• What is required
Word for word, repeat the lines of the records from the one containing "-- and in their" through the last line, both included.

Given records section start

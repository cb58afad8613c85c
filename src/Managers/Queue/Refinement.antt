-- ===== src/Managers/Queue/Refinement.antt =====
-- The calls of QueueManager over SynapRPC, against those on a queue.
use synap_sdk_go.Prelude.{
  ◌≡◌, refl, ◌∙◌, ap, sym, ◌<◌, ℕ, Option, none, some, List, [], ◌∷◌, ◌++◌, All, map, append_assoc,
  map-append, append-nil,
}
use synap_sdk_go.Bytes.{Bytes, codes}
use synap_sdk_go.Value.{Value, str}
use synap_sdk_go.Value.Maps.{lookup}
use synap_sdk_go.Errors.{ok}
use synap_sdk_go.Command.{synap_rpc}
use synap_sdk_go.Command.Wire.{wire}
use synap_sdk_go.Payload.{no_fields}
use synap_sdk_go.Response.{decode}
use synap_sdk_go.Response.Shapes.{Shape}
use synap_sdk_go.Response.Assign.RoundTrip.{value_of, Fits, assign-value_of}
use synap_sdk_go.Resp3.Outcome.{value}
use synap_sdk_go.Client.Http.{World, Client}
use synap_sdk_go.Client.Runs.{run_each-refines}
use package.synap_sdk_go.Managers.{one, with_text}
use package.synap_sdk_go.Managers.Types.{message_shape}
use package.synap_sdk_go.Managers.Publish.{HoldsBytes, queue_publish-sent}
use package.synap_sdk_go.Managers.QueueManager.{queue_publish, queue_consume, queue_ack}
use package.synap_sdk_go.Managers.Rpc.{answer, IsSentAs, send_command-sent}
use package.synap_sdk_go.Managers.Queue.{
  Message, payload_of, Operation, publish, consume, ack, Returned, delivered, Shelf, first, behind,
  returns, updates, returns_all, updates_all, sent_payloads, received_payloads, run, run_all,
  KeepsQueue,
}

-- The payloads of a program are bytes.
abbrev pub HasBytes : Operation → Type 0
HasBytes (publish payload priority max_retries) = All (λ b. b < 256) payload
HasBytes (consume consumer_id) = Unit
HasBytes (ack message_id) = Unit

-- First in, first out, and every payload as it was published.
module _ (mint : ℕ → Bytes → Message)
    (kept : (n : ℕ) (payload : Bytes) → payload_of (mint n payload) ≡ payload) where
  received-first :
      (ms : List Message) (rs : List Returned) (later sent : List Bytes)
      → received_payloads rs ++ later ≡ map payload_of (behind ms) ++ sent
      → received_payloads (delivered (first ms) ∷ rs) ++ later ≡ map payload_of ms ++ sent
  unfolding received_payloads
  received-first [] rs later sent h = h
  received-first (m ∷ ms) rs later sent h = ap (λ x. payload_of m ∷ x) h

  received-in_order :
      (os : List Operation) (q : Shelf)
      → received_payloads (returns_all mint os q) ++ map payload_of (updates_all mint os q).waiting
        ≡ map payload_of q.waiting ++ sent_payloads os
  unfolding received_payloads returns_all returns updates_all updates sent_payloads
  received-in_order [] q = sym (append-nil (map payload_of q.waiting))
  received-in_order (publish payload priority max_retries ∷ os) q =
      received-in_order os (updates mint (publish payload priority max_retries) q)
      ∙ ap (λ x. x ++ sent_payloads os)
          (map-append payload_of q.waiting (mint q.published payload ∷ []))
      ∙ append_assoc (map payload_of q.waiting) (payload_of (mint q.published payload) ∷ [])
          (sent_payloads os)
      ∙ ap (λ x. map payload_of q.waiting ++ x ∷ sent_payloads os) (kept q.published payload)
  received-in_order (consume consumer_id ∷ os) q =
      received-first q.waiting (returns_all mint os (updates mint (consume consumer_id) q))
        (map payload_of (updates_all mint os (updates mint (consume consumer_id) q)).waiting)
        (sent_payloads os) (received-in_order os (updates mint (consume consumer_id) q))
  received-in_order (ack message_id ∷ os) q = received-in_order os q

module _ {S : Type 0} (w : World S) (c : Client) (rpc : c.transport ≡ synap_rpc)
    (plain : c.tx_client_id ≡ []) (exact : HoldsBytes w.rt) (name : Bytes)
    (mint : ℕ → Bytes → Message) (shelf : S → Shelf)
    (server : KeepsQueue w.rpc name mint shelf) where
  read_id :
      (id : Bytes)
      → decode w.rt w.json (one "message_id" Shape.string) (answer w c rpc "queue.publish" (str id))
        ≡ ok (id, tt)
  unfolding queue_publish decode lookup
  read_id id = refl

  queue_publish-named :
      (payload id : Bytes) (priority max_retries : ℕ) (s u : S)
      → All (λ b. b < 256) payload
      → w.rpc (codes "QPUBLISH") (str name ∷ str payload ∷ []) s ≡ (value (str id), u)
      → queue_publish w c name payload priority max_retries s ≡ (value id, u)
  unfolding decode lookup
  queue_publish-named payload id priority max_retries s u h e =
      rw (
        queue_publish-sent w c rpc plain exact name payload priority max_retries s h,
        e,
        read_id id,
      )

  consume_wire :
      (consumer : Bytes)
      → IsSentAs w c rpc "queue.consume"
          (with_text "queue" name (with_text "consumer_id" consumer no_fields))
          (wire "QCONSUME" (str name ∷ str consumer ∷ []))
  unfolding IsSentAs
  consume_wire consumer = rw plain

  read_message :
      (found : Option Message)
      → Fits (Shape.ptr message_shape) found
      → decode w.rt w.json
          (one "message" (Shape.ptr message_shape))
          (answer w c rpc "queue.consume" (value_of (Shape.ptr message_shape) found))
        ≡ ok (found, tt)
  unfolding queue_consume decode lookup value_of Fits
  read_message none h = refl
  read_message (some m) h =
      assign-value_of w.rt (one "message" (Shape.ptr message_shape)) (none, tt) (some m, tt)
        (refl, h, tt)

  queue_consume-found :
      (consumer : Bytes) (found : Option Message) (s u : S)
      → Fits (Shape.ptr message_shape) found
      → w.rpc (codes "QCONSUME") (str name ∷ str consumer ∷ []) s
        ≡ (value (value_of (Shape.ptr message_shape) found), u)
      → queue_consume w c name consumer s ≡ (value found, u)
  unfolding queue_consume
  queue_consume-found consumer found s u h e = rw (
    send_command-sent w c rpc "queue.consume"
        (with_text "queue" name (with_text "consumer_id" consumer no_fields))
        (wire "QCONSUME" (str name ∷ str consumer ∷ [])) (consume_wire consumer) s,
    e,
    read_message found h,
  )

  ack_wire :
      (id : Bytes)
      → IsSentAs w c rpc "queue.ack"
          (with_text "queue" name (with_text "message_id" id no_fields))
          (wire "QACK" (str name ∷ str id ∷ []))
  unfolding IsSentAs
  ack_wire id = rw plain

  queue_ack-done :
      (id : Bytes) (s u : S) (r : Value)
      → w.rpc (codes "QACK") (str name ∷ str id ∷ []) s ≡ (value r, u)
      → queue_ack w c name id s ≡ (value tt, u)
  unfolding queue_ack
  queue_ack-done id s u r e = rw (
    send_command-sent w c rpc "queue.ack"
        (with_text "queue" name (with_text "message_id" id no_fields))
        (wire "QACK" (str name ∷ str id ∷ [])) (ack_wire id) s,
    e,
  )

  run-refines :
      (o : Operation) (s : S)
      → HasBytes o
      → (u : S) × (run w c name o s ≡ (value (returns mint o (shelf s)), u))
        × (shelf u ≡ updates mint o (shelf s))
  unfolding run returns updates
  run-refines (publish payload priority max_retries) s h =
      let (u, e, k) = server.on_publish payload s in
      (u, rw (queue_publish-named payload _ priority max_retries s u h e), k)
  run-refines (consume consumer_id) s h =
      let (u, e, k) = server.on_consume consumer_id s in
      (u, rw (queue_consume-found consumer_id _ s u (server.fits s) e), k)
  run-refines (ack message_id) s h =
      let (r, u, e, k) = server.on_ack message_id s in
      (u, rw (queue_ack-done message_id s u r e), k)

  run_all-refines :
      (os : List Operation) (s : S)
      → All HasBytes os
      → (u : S) × (run_all w c name os s ≡ (value (returns_all mint os (shelf s)), u))
        × (shelf u ≡ updates_all mint os (shelf s))
  unfolding run_all returns_all updates_all
  run_all-refines os s h =
      let (u, e, (t, k)) =
        run_each-refines (run w c name) (returns mint) (updates mint)
          (λ os' s' q. All HasBytes os' × (shelf s' ≡ q))
          (λ o os' s' q h'.
            let (u', e', k') = run-refines o s' h'.0.0 in
            (u', rw (← h'.1) e', (h'.0.1, k' ∙ ap (updates mint o) h'.1)))
          os s (shelf s) (h, refl) in
      (u, e, k)

  -- On a server that keeps a queue, whatever sequence of Publish, Consume and Ack of that queue a
  -- program outside of transactions calls over SynapRPC, each call succeeds and returns what the
  -- abstract queue says: Publish the id of the message, whatever priority and number of retries it is
  -- given, and Consume the oldest message that waits, or none. The payloads that Consume returned and
  -- those that still wait are those that waited before and those that were published, byte for byte
  -- and in their order. The numbers of a byte are taken to be exact in float64.
  pub run_all-delivers :
      (os : List Operation) (s : S)
      → All HasBytes os
      → (u : S) × (run_all w c name os s ≡ (value (returns_all mint os (shelf s)), u))
        × (shelf u ≡ updates_all mint os (shelf s))
        × (received_payloads (returns_all mint os (shelf s)) ++ map payload_of (shelf u).waiting
            ≡ map payload_of (shelf s).waiting ++ sent_payloads os)
  run_all-delivers os s h =
      let (u, e, k) = run_all-refines os s h in
      (
        u,
        e,
        k,
        ap (λ q. received_payloads (returns_all mint os (shelf s)) ++ map payload_of q.waiting) k
            ∙ received-in_order mint server.payload_kept os (shelf s),
      )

Given records section end

• Response area
  -- and in their order. The numbers of a byte are taken to be exact in float64.
  pub run_all-delivers :
      (os : List Operation) (s : S)
      → All HasBytes os
      → (u : S) × (run_all w c name os s ≡ (value (returns_all mint os (shelf s)), u))
        × (shelf u ≡ updates_all mint os (shelf s))
        × (received_payloads (returns_all mint os (shelf s)) ++ map payload_of (shelf u).waiting
            ≡ map payload_of (shelf s).waiting ++ sent_payloads os)
  run_all-delivers os s h =
      let (u, e, k) = run_all-refines os s h in
      (
        u,
        e,
        k,
        ap (λ q. received_payloads (returns_all mint os (shelf s)) ++ map payload_of q.waiting) k
            ∙ received-in_order mint server.payload_kept os (shelf s),
      )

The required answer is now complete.